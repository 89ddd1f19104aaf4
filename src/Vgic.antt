-- ===== src/Vgic.antt =====
-- src/vgic.rs: the list registers through which the hypervisor injects virtual interrupts.
pub mod Entry
pub mod Inject
use mini_visor_real_device.Base.{
  ℕ, zero, suc, ◌+◌, ◌-◌, ◌*◌, ◌/◌, ◌^◌, min, bit_and, bit_or, Option, none, some, List, [], ◌∷◌,
  ◌==◌, if◌then◌else◌, ◌<<<◌, length,
}
use mini_visor_real_device.Cpu.{Cpu}

abbrev pub maintenance_interrupt_intid : ℕ
maintenance_interrupt_intid = 25

abbrev pub ich_vtr_el2_list_regs : ℕ
ich_vtr_el2_list_regs = 0b11111

abbrev pub ich_lrn_el2_status : ℕ
ich_lrn_el2_status = 0b11 <<< 62

abbrev pub ich_lrn_el2_status_inactive : ℕ
ich_lrn_el2_status_inactive = 0b00 <<< 62

abbrev pub ich_lrn_el2_status_pending : ℕ
ich_lrn_el2_status_pending = 0b01 <<< 62

abbrev pub ich_lrn_el2_hw : ℕ
ich_lrn_el2_hw = 1 <<< 61

abbrev pub ich_lrn_el2_eoi : ℕ
ich_lrn_el2_eoi = 1 <<< 41

abbrev pub ich_lrn_el2_vintid : ℕ
ich_lrn_el2_vintid = 1 <<< 32 - 1

-- The arguments are a u32 each, and a priority of the callers is a byte, a group one bit, so that
-- no shift loses bits.
unfoldable pub create_list_register_entry : ℕ → ℕ → ℕ → Option ℕ → ℕ
create_list_register_entry int_id group priority physical_int_id =
    let entry =
      bit_or (bit_or (bit_or ich_lrn_el2_status_pending (group <<< 60)) (priority <<< 48)) int_id in
    elim physical_int_id [
      | some p_int_id ↦ bit_or entry (bit_or ich_lrn_el2_hw (p_int_id <<< 32))
      | none ↦ bit_or entry ich_lrn_el2_eoi
    ]

-- The list registers that the CPU implements, of the three that the code knows.
unfoldable pub supported_lrn : Cpu → ℕ
supported_lrn cpu = min (bit_and cpu.ich_vtr ich_vtr_el2_list_regs + 1) 3

-- The loop over the first `n` list registers; the rest of the list is what is left to visit.
unfoldable pub add_loop : ℕ → ℕ → List ℕ → List ℕ
add_loop entry zero lrs = lrs
add_loop entry (suc n) [] = []
add_loop entry (suc n) (lr ∷ lrs) =
    let rest = lr ∷ add_loop entry n lrs in
    if bit_and lr ich_lrn_el2_status == ich_lrn_el2_status_inactive
    then entry ∷ lrs
    else if bit_and lr (1 <<< 32 - 1) == bit_and entry (1 <<< 32 - 1)
    then bit_or lr ich_lrn_el2_status_pending ∷ lrs
    else rest

unfoldable pub add_virtual_interrupt : ℕ → Cpu → Cpu
unfolding add_loop supported_lrn
add_virtual_interrupt entry cpu = record cpu {
  ich_lr = add_loop entry (supported_lrn cpu) cpu.ich_lr;
}
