-- ===== src/Gic/Distributor.antt =====
-- GicDistributorMmio of src/mmio/gicv3.rs: the registers of the distributor, and how an interrupt
-- is raised through them.
pub mod Mmio
pub mod Status
pub mod Valid
pub mod Trigger
pub mod Inject
pub mod Loop
pub mod Write
pub mod Layout
pub mod Router
use mini_visor_real_device.Base.{
  ℕ, ◌*◌, ◌/◌, ◌%◌, bit_and, Bool, true, ◌&&◌, List, [], ◌∷◌, ◌++◌, ◌!=◌, ◌==◌, if◌then◌else◌, Exec,
  done, ◌>>=◌, index, ◌<<<◌, ◌>>>◌, Option, replicate,
}
use mini_visor_real_device.Cpu.{Cpu}
use mini_visor_real_device.Vgic.{create_list_register_entry, add_virtual_interrupt}
use mini_visor_real_device.Gic.Common.{set_bit, modify, Affinity, affinity, send_sgi}

pub record Distributor : Type 0 where
  pub ctlr : ℕ
  pub group : List ℕ
  pub enable : List ℕ
  pub pending : List ℕ
  pub active : List ℕ
  pub priority : List ℕ
  pub configuration : List ℕ
  pub group_modifier : List ℕ
  pub router : List ℕ
  pub to_inject_interrupt : List ℕ

abbrev pub gicd_ctlr_are_s : ℕ
gicd_ctlr_are_s = 1 <<< 4

abbrev pub gicd_ctlr_enable_grp1ns : ℕ
gicd_ctlr_enable_grp1ns = 1 <<< 1

unfoldable pub new : Distributor
new = record {
  ctlr = 0;
  group = replicate 32 0;
  enable = replicate 32 0;
  pending = replicate 32 0;
  active = replicate 32 0;
  priority = replicate 255 0;
  configuration = replicate 64 0;
  group_modifier = replicate 32 0;
  router = replicate 1020 0;
  to_inject_interrupt = [];
}

-- One bit per interrupt, 32 to a register.
abbrev pub bit_of : List ℕ → ℕ → Exec ℕ
bit_of regs int_id = do r ← index regs (int_id / 32); done (bit_and (r >>> (int_id % 32)) 0b1)

unfoldable pub get_group : Distributor → ℕ → Exec ℕ
get_group d int_id = bit_of d.group int_id

unfoldable pub get_enable : Distributor → ℕ → Exec Bool
get_enable d int_id = do b ← bit_of d.enable int_id; done (b != 0)

unfoldable pub get_pending : Distributor → ℕ → Exec Bool
get_pending d int_id = do b ← bit_of d.pending int_id; done (b != 0)

unfoldable pub change_pending_status : Distributor → ℕ → Bool → Exec Distributor
change_pending_status d int_id is_pending = do
  regs ← modify d.pending (int_id / 32) (set_bit is_pending (int_id % 32))
  done (record d { pending = regs })

unfoldable pub change_active_status : Distributor → ℕ → Bool → Exec Distributor
change_active_status d int_id is_active = do
  regs ← modify d.active (int_id / 32) (set_bit is_active (int_id % 32))
  done (record d { active = regs })

unfoldable pub get_priority : Distributor → ℕ → Exec ℕ
get_priority d int_id = do
  r ← index d.priority (int_id / 4)
  done (bit_and (r >>> (int_id % 4 * 8)) 0xff)

unfoldable pub get_group_modifier : Distributor → ℕ → Exec ℕ
get_group_modifier d int_id = bit_of d.group_modifier int_id

unfoldable pub get_router : Distributor → ℕ → Exec ℕ
get_router d int_id = index d.router int_id

abbrev pub same_affinity : Affinity → Affinity → Bool
same_affinity r m = r.aff3 == m.aff3 && (r.aff2 == m.aff2 && (r.aff1 == m.aff1 && r.aff0 == m.aff0))

-- The end of trigger_interrupt: the entry goes to a list register of this CPU, or is queued and the
-- CPU that the router names is told.
unfoldable pub deliver : Distributor → Cpu → ℕ → ℕ → Exec (Distributor × Cpu)
deliver d cpu router list_entry =
    if same_affinity (affinity router) (affinity cpu.mpidr_el1)
    then done (d, add_virtual_interrupt list_entry cpu)
    else (do
      cpu' ← send_sgi (affinity router) cpu
      done (record d { to_inject_interrupt = d.to_inject_interrupt ++ list_entry ∷ [] }, cpu'))

-- The part of trigger_interrupt after the interrupt is made pending and found enabled.
unfoldable pub forward : Distributor → Cpu → ℕ → Option ℕ → Exec (Distributor × Cpu)
unfolding get_group_modifier get_group get_priority get_router deliver
forward d cpu int_id physical_int_id = do
  group_modifier ← get_group_modifier d int_id
  if group_modifier == 1 then done (d, cpu) else do
    group ← get_group d int_id
    priority ← get_priority d int_id
    router ← get_router d int_id
    if bit_and d.ctlr gicd_ctlr_are_s == 0
        then done (d, cpu)
        else deliver d cpu router (create_list_register_entry int_id group priority physical_int_id)

unfoldable pub trigger_interrupt : Distributor → Cpu → ℕ → Option ℕ → Exec (Distributor × Cpu)
unfolding change_pending_status get_enable forward
trigger_interrupt d cpu int_id physical_int_id =
    if bit_and d.ctlr gicd_ctlr_enable_grp1ns == 0 then done (d, cpu) else do
      d' ← change_pending_status d int_id true
      enabled ← get_enable d' int_id
      if enabled then forward d' cpu int_id physical_int_id else done (d', cpu)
★ ★ ★
- [DIRECTIONS]
What lines of the material contain "record"? Show them.

- [ANSWER FOR THE TASK]
add_virtual_interrupt entry cpu = record cpu {
pub record Distributor : Type 0 where
new = record {
  done (record d { pending = regs })
  done (record d { active = regs })
      done (record d { to_inject_interrupt = d.to_inject_interrupt ++ list_entry ∷ [] }, cpu'))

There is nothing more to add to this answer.